Can an image in Adobe's cloud be accessed by the OS (Windows or Mac)?  Or by another app running on one of these platforms?

Turning the question around, can I use Lightroom CC with Microsoft's or Amazon's cloud?

Vendor lock-in went out of fashion 20 years ago.  Users want the ability to create their own solution combining products from different vendors, all of whom are committed to "open systems."

Phil Burton*


----------



## Hal P Anderson (Oct 20, 2017)

My guess is No. It looks like one of the design ideas of Lightroom CC is that the users can't shoot themselves in the foot by messing about with images outside of the app. I think we'll need to stop telling users that "the files aren't *in* Lightroom."


----------



## Victoria Bampton (Oct 20, 2017)

If you have the originals set to store on your computer, they're just in a dated folder structure, so yes you could access them. I wouldn't recommend messing with them, but if you needed to get to them, you could.

You can't currently access them with MS or Amazon's cloud, but we've seen examples of external companies using Adobe's not-yet-fully-public API to access your photos in Adobe's cloud with your permission (I think it was Animoto). That would be a very logical way of expanding Lightroom CC, rather than Adobe building a bunch of modules. Imagine going to the Blurb website, and using their tools to build a book, with the photos pulled directly from your Adobe cloud. Any company could tap into it, giving photographers a much wider choice of book companies, printers, slideshows, etc.


----------



## PhilBurton (Oct 20, 2017)

Victoria Bampton said:


> If you have the originals set to store on your computer, they're just in a dated folder structure, so yes you could access them. I wouldn't recommend messing with them, but if you needed to get to them, you could.
> 
> You can't currently access them with MS or Amazon's cloud, but we've seen examples of external companies using Adobe's not-yet-fully-public API to access your photos in Adobe's cloud with your permission (I think it was Animoto). That would be a very logical way of expanding Lightroom CC, rather than Adobe building a bunch of modules.

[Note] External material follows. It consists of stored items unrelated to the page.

-- ===== src/Slave/Rounds.antt =====
-- slg.c, `writingFunc` and `readingFunc` as whole loops, as one of them runs while the other one is not
-- scheduled; every other order of their steps is in `Slave.Threads`.
pub mod Filling
pub mod Serving
pub mod Loops
use slg.Base.{
  ℕ, zero, suc, ◌+◌, List, [], ◌∷◌, Option, none, some, Bool, true, false, if◌then◌else◌, ltb,
}
use slg.Base.Word.{sub64}
use slg.Base.Outcome.{ok, stop, ◌>>=◌}
use slg.Client.{M, select_failed}
use slg.Slave.{System}
use slg.Slave.Writer.{WriterAnswers, writer_take, writer_serve}
use slg.Slave.Reader.{ReaderAnswers, reader_take, reader_serve}

-- What a loop leaves, and whether its fuel ran out before it ended.
abbrev pub Running : Type 0
Running = System × Bool

-- `while (1)` around `get_circ`, for at most `fuel` rounds.
unfoldable pub fill : (System → M (System × Bool)) → (fuel : ℕ) → System → M Running
fill take zero s = ok (s, true)
fill take (suc fuel) s =
    take s >>= (λ (t, more). elim more [ true ↦ fill take fuel t | false ↦ ok (t, false) ])

-- The `for` loop over `k` clients from the `i`th on.
unfoldable pub serve_from {ℓ} :
    {A : Type ℓ} → (System → ℕ → A → M System) → (ℕ → A) → ℕ → ℕ → System → M System
serve_from serve answers i zero s = ok s
serve_from serve answers i (suc k) s =
    serve s i (answers i) >>= (λ t. serve_from serve answers (i + 1) k t)

-- The answers that one round of the main loop of a thread gets, up to the reading of the clock at its
-- end. `select_fails` is read by the reading thread only.
pub record Round {ℓ} (A : Type ℓ) : Type ℓ where
  pub select_fails : Bool
  pub answers : ℕ → A
  pub current_time_cycles : ℕ

-- The body of the `do` loop of `writingFunc`, with the fuel that its filling loop gets.
unfoldable pub write_round : ℕ → Round WriterAnswers → System → M Running
unfolding fill serve_from
write_round fuel a s = fill writer_take fuel s >>= (λ (t, running). elim running [
  | true ↦ ok (t, true)
  | false ↦ serve_from writer_serve a.answers 0 t.config.nb_clients t >>= (λ u. ok (u, false))
])

-- What follows `if (maxFd <= -1)` in `readingFunc`.
unfoldable pub read_selected : Round ReaderAnswers → System → Option ℕ → M Running
unfolding serve_from
read_selected a t none = ok (t, false)
read_selected a t (some m) =
    if a.select_fails
    then stop select_failed
    else serve_from reader_serve a.answers 0 t.config.nb_clients t >>= (λ u. ok (u, false))

-- The body of the `do` loop of `readingFunc`.
unfoldable pub read_round : ℕ → Round ReaderAnswers → System → M Running
unfolding fill read_selected
read_round fuel a s =
    fill reader_take fuel s
    >>= (λ (t, running). elim running [ true ↦ ok (t, true) | false ↦ read_selected a t t.max_fd ])

-- `do ... while ((current_time_cycles - start_time_cycles) < duration)`, for as many rounds as there are
-- answers.
unfoldable pub thread_loop {ℓ} :
    {A : Type ℓ} → (Round A → System → M Running) → ℕ → ℕ → List (Round A) → System → M Running
thread_loop round start_time_cycles duration [] s = ok (s, true)
thread_loop round start_time_cycles duration (a ∷ rest) s = round a s >>= (λ (t, running).
    elim running [
      | true ↦ ok (t, true)
      | false ↦ elim (ltb (sub64 a.current_time_cycles start_time_cycles) duration) [
        | true ↦ thread_loop round start_time_cycles duration rest t
        | false ↦ ok (t, false)
      ]
    ])

-- `writingFunc`
unfoldable pub writing_func : ℕ → ℕ → List (Round WriterAnswers) → System → M Running
unfolding thread_loop write_round
writing_func start_time_cycles duration rounds s =
    thread_loop (λ a t. write_round (t.config.nb_clients + 1) a t) start_time_cycles duration rounds
      s

-- `readingFunc`
unfoldable pub reading_func : ℕ → ℕ → List (Round ReaderAnswers) → System → M Running
unfolding thread_loop read_round
reading_func start_time_cycles duration rounds s =
    thread_loop (λ a t. read_round (t.config.nb_clients + 1) a t) start_time_cycles duration rounds
      s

Imagine going to the Blurb website, and using their tools to build a book, with the photos pulled directly from your Adobe cloud. Any company could tap into it, giving photographers a much wider choice of book companies, printers, slideshows, etc.


Victoria,

If that is the future, is the API-based approach the new version of plug-ins?

While this approach sounds nice, it would work only for those apps with sufficient development effort to work with that API, and not all the "little" apps done by one person.  Up to now, we have had "open standards" based on file types, e.g. RAW, TIFF, JPG.  This potential Adobe approach would negate file-type standards.

Phil


----------



## Johan Elzenga (Oct 20, 2017)

One or the reasons why you can't store the Lightroom CC photos anywhere else in the cloud is that cloud storage is not only for safety and convenience reasons. Certain technology, such as Adobe Sensei, runs in the cloud.


----------



## johnbeardy (Oct 20, 2017)

PhilBurton said:


> If that is the future, is the API-based approach the new version of plug-ins?



Very hard to know. The Creative SDK is the umbrella program for iOS/Android/Web access to assets uploaded to CC or to LR. It allows reading and writing of photos.

However, progress has been microscopic, and only a month ago Adobe killed off a large element on the web side. The "not-yet-fully-public API" shows every sign of being kicked not just into the long grass but into the next state! There's a growing sense of "not invented here", and you never know what they'll discontinue next.



PhilBurton said:


> While this approach sounds nice, it would work only for those apps with sufficient development effort to work with that API, and not all the "little" apps done by one person.



I don't know about that. I keep toying with the idea of learning iOS and seeing what I can do, but given what I said above, why would I or anyone else?

John


----------



## Eric Bowles (Oct 20, 2017)

Victoria makes a great point about API.  With that approach, there is no need to "Move" RAW files to edit and use them.  The file that moves is simply the output or export file.  A low res export for use on social media is much smaller and faster than a full size output for Blurb.  And there is no need for me to download a file from LR CC and then upload it to Blurb.  Just let Me make the edits and have LR and Blurb communicate directly.  I'm in the way if I'm uploading and downloading files.


----------



## johnbeardy (Oct 20, 2017)

The point is good, but it needs an API that isn't overrun with archaeologists....


----------